About

   

 
Salma Ahmad Caller

Salma Ahmad Caller

About Salma

Salma Ahmad Caller was born in Iraq to an Egyptian father and a British mother and grew up in Nigeria and Saudi Arabia. She now lives in the UK. An artist , art historian and writer who is a hybrid of cultures and faiths she is drawn to hybrid and ornamental forms, and to how the body expresses itself in the mind to create an embodied ‘image’. She is particularly interested in the cross-cultural and in mixed-race identities, experiences and embodiment. Her work embraces collage, drawing, watercolour, photography, projection, installation and sound. Salma also writes art theory, poetry and creative non-fiction, with a theoretical background in research on the meanings of ornament in non-Western cultures through frameworks of anthropology of art and cognitive science, with the aim of contributing to the decolonisation of art history and theory and breaking down boundaries and categories that support hegemonic colonial and patriarchal formations.

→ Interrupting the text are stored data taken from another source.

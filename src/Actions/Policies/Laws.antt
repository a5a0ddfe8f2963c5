-- ===== src/Actions/Policies/Laws.antt =====
-- The composite policy is as strict as its strictest member, and an approval is asked for unless
-- the context carries one.
use headofcontext.Prelude.{
  ◌≡◌, refl, sym, ◌∙◌, ap, ◌≤◌, ◌↔◌, ◌⊎◌, inl, inr, String, true, none, some, List, [], ◌∷◌, arith,
  All, any,
}
use headofcontext.Core.Errors.{ok, Result-cases}
use headofcontext.Core.Refs.{is_resource_pattern}
use headofcontext.Core.Capability
use headofcontext.Core.Capability.{Kind, Capability, kind_eq}
use headofcontext.Core.Chain.{PrincipalChain}
use headofcontext.Core.Decision.{
  require_approval, Action, Verdict, severity, policy_allowed, most_restrictive, DecisionContext,
  Policy,
}
use headofcontext.Actions.Policies.{
  matches, is_outside, combine_from, composite_evaluate, RequireApproval, require_approval_evaluate,
  answer,
}

most_restrictive-severity :
    (a b : Verdict)
    → (severity a.outcome ≤ severity (most_restrictive a b).outcome)
      × (severity b.outcome ≤ severity (most_restrictive a b).outcome)
unfolding most_restrictive
most_restrictive-severity a b = ground arith

most_restrictive-cases : (a b : Verdict) → (most_restrictive a b ≡ a) ⊎ (most_restrictive a b ≡ b)
unfolding most_restrictive
most_restrictive-cases a b = ground arith

module _ {Args : Type 0} (chain : PrincipalChain) (action : Action) (resource : String)
    (args : Args) (context : DecisionContext) where
  -- The policy answered `v`.
  abbrev pub Answers : Policy Args → Verdict → Type 0
  Answers p v = p chain action resource args context ≡ ok v

  -- Every policy answered, with at most this severity.
  abbrev pub AllAtMost : Verdict → List (Policy Args) → Type 0
  AllAtMost r = All (λ p. (v : Verdict) × Answers p v × (severity v.outcome ≤ severity r.outcome))

  -- One of the policies answered `r`.
  pub data SomeAnswers (r : Verdict) : List (Policy Args) → Type 0 where
    first : {p : Policy Args} {ps : List (Policy Args)} → Answers p r → SomeAnswers r (p ∷ ps)
    later : {p : Policy Args} {ps : List (Policy Args)} → SomeAnswers r ps → SomeAnswers r (p ∷ ps)

  combine_from_lem :
      (verdict r : Verdict) (policies : List (Policy Args))
      → combine_from verdict policies chain action resource args context ≡ ok r
      → (severity verdict.outcome ≤ severity r.outcome)
        × AllAtMost r policies
        × ((r ≡ verdict) ⊎ SomeAnswers r policies)
  unfolding combine_from
  combine_from_lem verdict r [] h = (ground arith, tt, inl (ground arith))
  combine_from_lem verdict r (p ∷ rest) h =
      elim (Result-cases (p chain action resource args context)) [
        | inr (e, raised) ↦ absurd (ground arith)
        | inl (v, answered) ↦
            let (low, all_low, origin) =
              combine_from_lem (most_restrictive verdict v) r rest (ground arith) in
            let (left, right) = most_restrictive-severity verdict v in
            (
              omega arith,
              ((v, answered, omega arith), all_low),
              elim origin [
                | inr found ↦ inr (later found)
                | inl same ↦ elim (most_restrictive-cases verdict v) [
                  | inl old ↦ inl (same ∙ old)
                  | inr new ↦ inr (first (answered ∙ ap ok (sym (same ∙ new))))
                ]
              ],
            )
      ]

  -- When the composite answers, every policy was asked and answered, none more severely than the
  -- composite, and the composite's verdict is ALLOW by default or that of one of the policies. So
  -- it answers ALLOW only if all of them do: a policy can only lower an outcome.
  pub composite_evaluate_lem :
      (r : Verdict) (policies : List (Policy Args))
      → Answers (composite_evaluate policies) r
      → AllAtMost r policies × ((r ≡ policy_allowed) ⊎ SomeAnswers r policies)
  unfolding composite_evaluate
  composite_evaluate_lem r policies h =
      let (a, b, c) = combine_from_lem policy_allowed r policies h in (b, c)

  matches_lem :
      (patterns : List Capability)
      → is_resource_pattern resource ≡ true
      → matches patterns resource
        ≡ ok (
            any
              (λ p. Capability.covers p (record { kind = Kind.act; resource = resource }))
              patterns)
  unfolding matches Capability.make
  matches_lem [] h = refl
  matches_lem (p ∷ rest) h = ground (arith, matches_lem rest h)

  -- For a well-formed resource, the policy asks for an approval exactly when the action is an ACT on
  -- a tool that one of its patterns covers, its condition, if it has one, answers True, and the
  -- context carries no approval; when it asks, its reason is the configured one.
  pub require_approval_evaluate_iff :
      (p : RequireApproval Args) {r : Verdict}
      → is_resource_pattern resource ≡ true
      → Answers (require_approval_evaluate p) r
      → ((r.outcome ≡ require_approval) ↔ (
          (action.kind ≡ Kind.act)
          × (any
                (λ c. Capability.covers c (record { kind = Kind.act; resource = resource }))
                p.patterns
              ≡ true)
          × ((answer p.when args ≡ none) ⊎ (answer p.when args ≡ some (ok true)))
          × (context.approval_id ≡ none)))
        × (r.outcome ≡ require_approval → r.reason ≡ p.reason)
  unfolding require_approval_evaluate is_outside
  require_approval_evaluate_iff p {r} good h =
      let m = matches_lem p.patterns good in
      (
        (
          λ o. (ground (arith, m), ground (arith, m), ground (arith, m), ground (arith, m)),
          λ (k, c, when, free). elim when [
            | inl unconditional ↦ ground (arith, m)
            | inr holds ↦ ground (arith, m)
          ],
        ),
        λ o. ground (arith, m),
      )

With a Masters in art history and art theory, and a background in medicine and pharmacology, and several years teaching cross-cultural ways of seeing via non-Western artefacts at Pitt Rivers Museum in Oxford, she now works as an independent artist and teacher. 

Click here for Recent Projects and Media 2020/2021

Instagram:

@salmacaller

Read her autobiographical essay on the intertwining of art and life here:

http://www.3ammagazine.com/3am/muhammad-ali-came-tea-discordia-concors/

Artist Statement:

My art practice has emerged from an immersion in the study of medicine and body sciences for over a decade, in Saudi Arabia and in the UK, and from my cross-cultural experiences and hybrid status as both Egyptian and British. It also emerges from the study of the anthropology of art and the exploration and search for embodied modes of creating, seeing and being.

The lineages of self-taught artists that connect their body\mind to other knowledge formations and experiences are complex and varied. Other fields can then be brought into dialogue with aesthetic and art historical forms, and often disruptive or radical elements are introduced into mainstream discourse. Drawing on these lineages, I use my process to tease out and investigate my own subjective experience of the ways in which cultures and hegemonies create and construct body image and identity and how they also profoundly construct the physical senses of the body, our sensations, carving out what we can or cannot see or feel. How cross-generational trauma and experience is a residue of the body.

The significant form in my work is collage, with photography, drawing, text and sound. Collage has both a disruptive and a healing power to bring contradictions and oppositions into intimate conversation. I use physical collages of found materials, old family photographs, colonial representations of Middle Eastern women, contemporary fashion magazine images of women, and personal and inherited objects belonging to my parents. So-called ornament functions in my work to express the visceral, sensational and emotional ways in which we both feel and understand - where body knowledge is inseparable from 'mind'. Teaching cross-cultural ways of seeing and running art workshops have also been a significant part of my practice.

I aim to create an imagery of the narratives of body that have shaped my own body and identity across the profound cultural divides of my upbringing. My art and writing, inseparable from each other, arise from a fault line running through my identity. Egyptian father and English mother. A childhood in Nigeria and youth in Saudi Arabia, current life in the UK. Intense confrontation holds hands with joyful meeting. Across the fault line weaving back and forth are threads and vines. Embroidery is painful, beautiful, vines are binding, bewildering. Scars are the same as embroidery and vines. Ruptures held. Grown from the body.